An ounce of prevention is worth a pound of cure.
That is the message Megan Lehman and Mark Stephens brought to a gathering Wednesday of Lycoming County borough officials regarding the protection of water sources from pollution.
Lehman, who is a Lycoming County environmental planner, and Stephens, a state Department of Environmental Protection hydrologist, have been instrumental in forming a coalition of local water supplier devoted to protecting drinking water supplies.
There are many reasons for developing a comprehensive plan to protect drinking water supplies, Lehman said, among them to improve the public health, improve raw water quality and to plan for future community water needs.
Preventing pollution also is less costly than cleaning it up, she said.
"Typically, it costs more to clean something up than prevent it from being polluted to begin with," Lehman said, adding that some cleanups can cost up to 200 times more than what it would have cost to prevent pollution from occurring.
Lehman discussed potential sources of water contamination.

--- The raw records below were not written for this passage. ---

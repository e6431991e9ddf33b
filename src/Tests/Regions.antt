-- ===== src/Tests/Regions.antt =====
-- A map of padding regions that is one leaf with one region (src/lib/junk_map.c).
use obmafs.Prelude.{
  ℕ, ◌+◌, ◌<◌, ◌≡◌, ◌⊎◌, refl, ◌∙◌, ap, sym, subst, some, List, [], ◌∷◌, ◌++◌, replicate, arith,
}
use obmafs.Context.{Ctx, ok, err, notfound}
use obmafs.Codec.{le_value, unpack}
use obmafs.Device.{block_write}
use obmafs.Device.Memory.{ram}
use obmafs.Device.Blocks.{block_write-ok, block_read-block_write_same}
use obmafs.Refcount.{keys_of}
use obmafs.JunkMap.{JunkRecord, record_at, jm_leaf_find, junk_map_lookup}
use obmafs.JunkMap.Order.{RecordsUp}
use obmafs.JunkMap.Tree.{Node, Has, Has-leaf, IsJunkTree, IsApart}
use obmafs.JunkMap.Find.{IsPlace, jm_leaf_find-IsPlace}
use obmafs.JunkMap.Lookup.{IsCovering, junk_map_lookup-IsCovering}
use obmafs.Tests.{ctx, sb}

abbrev mapped : Ctx
mapped = record ctx { sb = record sb { junk_map_lba = 30 } }

-- Inode 5 has the region of 50 bytes from 100 on.
abbrev leaf : List ℕ
leaf =
    0x42 ∷ 0x54 ∷ 0x52 ∷ 0x45 ∷ 0x45 ∷ 0x4E ∷ 0x44 ∷ 0x45 ∷ 13 ∷ 0 ∷ []
    ++ replicate 24 0
    ++ (1 ∷ 0 ∷ 94 ∷ 0 ∷ [])
    ++ replicate 32 0
    ++ (5 ∷ 0 ∷ 0 ∷ 0 ∷ 0 ∷ 0 ∷ 0 ∷ 0 ∷ 100 ∷ 0 ∷ 0 ∷ 0 ∷ 0 ∷ 0 ∷ 0 ∷ 0 ∷ [])
    ++ (50 ∷ 0 ∷ 0 ∷ 0 ∷ 0 ∷ 0 ∷ 0 ∷ 0 ∷ 255 ∷ 255 ∷ [])
    ++ replicate 4000 0

abbrev disk : ℕ → ℕ
disk = (block_write ram mapped (λ i. 0) 20 leaf).1

one_key : keys_of leaf ≡ 1
unfolding unpack le_value
one_key = refl

region_start : (record_at leaf 0).offset ≡ 100
unfolding le_value
region_start = refl

region_length : (record_at leaf 0).length ≡ 50
unfolding le_value
region_length = refl

leaf-Node : Node ram mapped disk 20 leaf
leaf-Node =
    block_read-block_write_same ram mapped (λ i. 0) 20 leaf
      (block_write-ok ram mapped (λ i. 0) 20 leaf refl)

leaf-RecordsUp : RecordsUp leaf (keys_of leaf)
leaf-RecordsUp i j lt j_in = absurd (omega (arith, one_key))

disk-IsJunkTree : IsJunkTree ram mapped disk 0 20
unfolding unpack le_value
disk-IsJunkTree = (leaf, leaf-Node, record { magic = refl; level = refl; up = leaf-RecordsUp })

only_region : (rec : JunkRecord) → Has ram mapped disk 0 20 rec → record_at leaf 0 ≡ rec
only_region rec has =
    let (i, i_in, is) = Has-leaf ram mapped disk 20 leaf rec leaf-Node has in
    let first : 0 ≡ i = omega (arith, one_key) in ap (record_at leaf) first ∙ is

disk-IsApart : IsApart ram mapped disk 0 20
disk-IsApart = record {
  apart = λ a b has_a has_b id lt.
      let same : a.offset ≡ b.offset =
        ap (λ (r : JunkRecord). r.offset) (sym (only_region a has_a) ∙ only_region b has_b) in
      absurd (omega arith);
  small = λ a has.
      subst (λ (r : JunkRecord). r.offset + r.length < 18446744073709551616) (only_region a has)
        (omega (arith, region_start, region_length));
}

junk_map_lookup-IsCovering_example :
    ((rec : JunkRecord) × (junk_map_lookup 5 120 ram 1 mapped 20 disk ≡ some (ok rec))
      × Has ram mapped disk 0 20 rec
      × IsCovering 5 120 rec)
    ⊎ ((junk_map_lookup 5 120 ram 1 mapped 20 disk ≡ some (err notfound))
        × ((rec : JunkRecord) → Has ram mapped disk 0 20 rec → IsCovering 5 120 rec → ⊥))
junk_map_lookup-IsCovering_example =
    junk_map_lookup-IsCovering ram mapped disk 5 120 0 20 1 (omega arith) (omega arith)
      disk-IsJunkTree disk-IsApart (omega arith)

jm_leaf_find-IsPlace_example :
    IsPlace leaf 5 120 (keys_of leaf) (jm_leaf_find leaf 5 120 (keys_of leaf))
jm_leaf_find-IsPlace_example = jm_leaf_find-IsPlace leaf 5 120 (keys_of leaf) leaf-RecordsUp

Those sources include private dumps, transportation corridors, pesticides, herbicides and fertilizers in stormwater runoff, residential, commercial and industrial discharges and natural gas drilling fluids.
Although there are serious concerns regarding how natural gas development will impact water supplies, it is important to remember there have been potential threats to those supplies long before shale gas development occurred in this area, Lehman said.
"We want to make a point that a lot of people are concerned with the Marcellus Shale, but we don't want the other things to get lost," she said. "We don't want to focus on just one (potential hazard)."
According to Stephens, all human activity impacts the quality of drinking water.
"What we do in this valley - we're going to experience it in our drinking water," he said.
Stephens said concentrated farming activities can cause problems with groundwater, especially if manure is not managed in a way that prevents nutrients from entering the aquifer.
He also discussed the wisdom of communities developing source water plans that designate protective zones for water supply sources.
He questioned the wisdom, however, of long-time practices such as placing fuel storage tanks underground.
Pollution caused by petroleum leaking into an aquifer is so hard to remove, any water source so polluted is decommissioned forever, he said.
Other sources of groundwater pollution can have long-term impacts, as well, he said.
"It's never as it was," he said. "It's never as pristine as it was."
Stephens said the natural gas activity is "causing headaches" to water system operators concerned with how gas drilling will impact their water sources.
The Williamsport Municipal Water Authority is partnering with the U.S. Geological Survey to do a baseline study of the Lycoming Creek watershed, which recharges the authority's wells that serve the Williamsport area.
The study will help provide a snapshot of the watershed so that changes to it can be more easily identified, he said.
Regarding water sources that have been impacted by drilling, the "key component" has been gas wells that have been poorly cased in the upper sections of the well, he said.
Lehman discussed county Conservation District efforts to promote agricultural best management practices.
She added that there are hopes that future generations of farmers will better embrace conservation practices that prevent water pollution.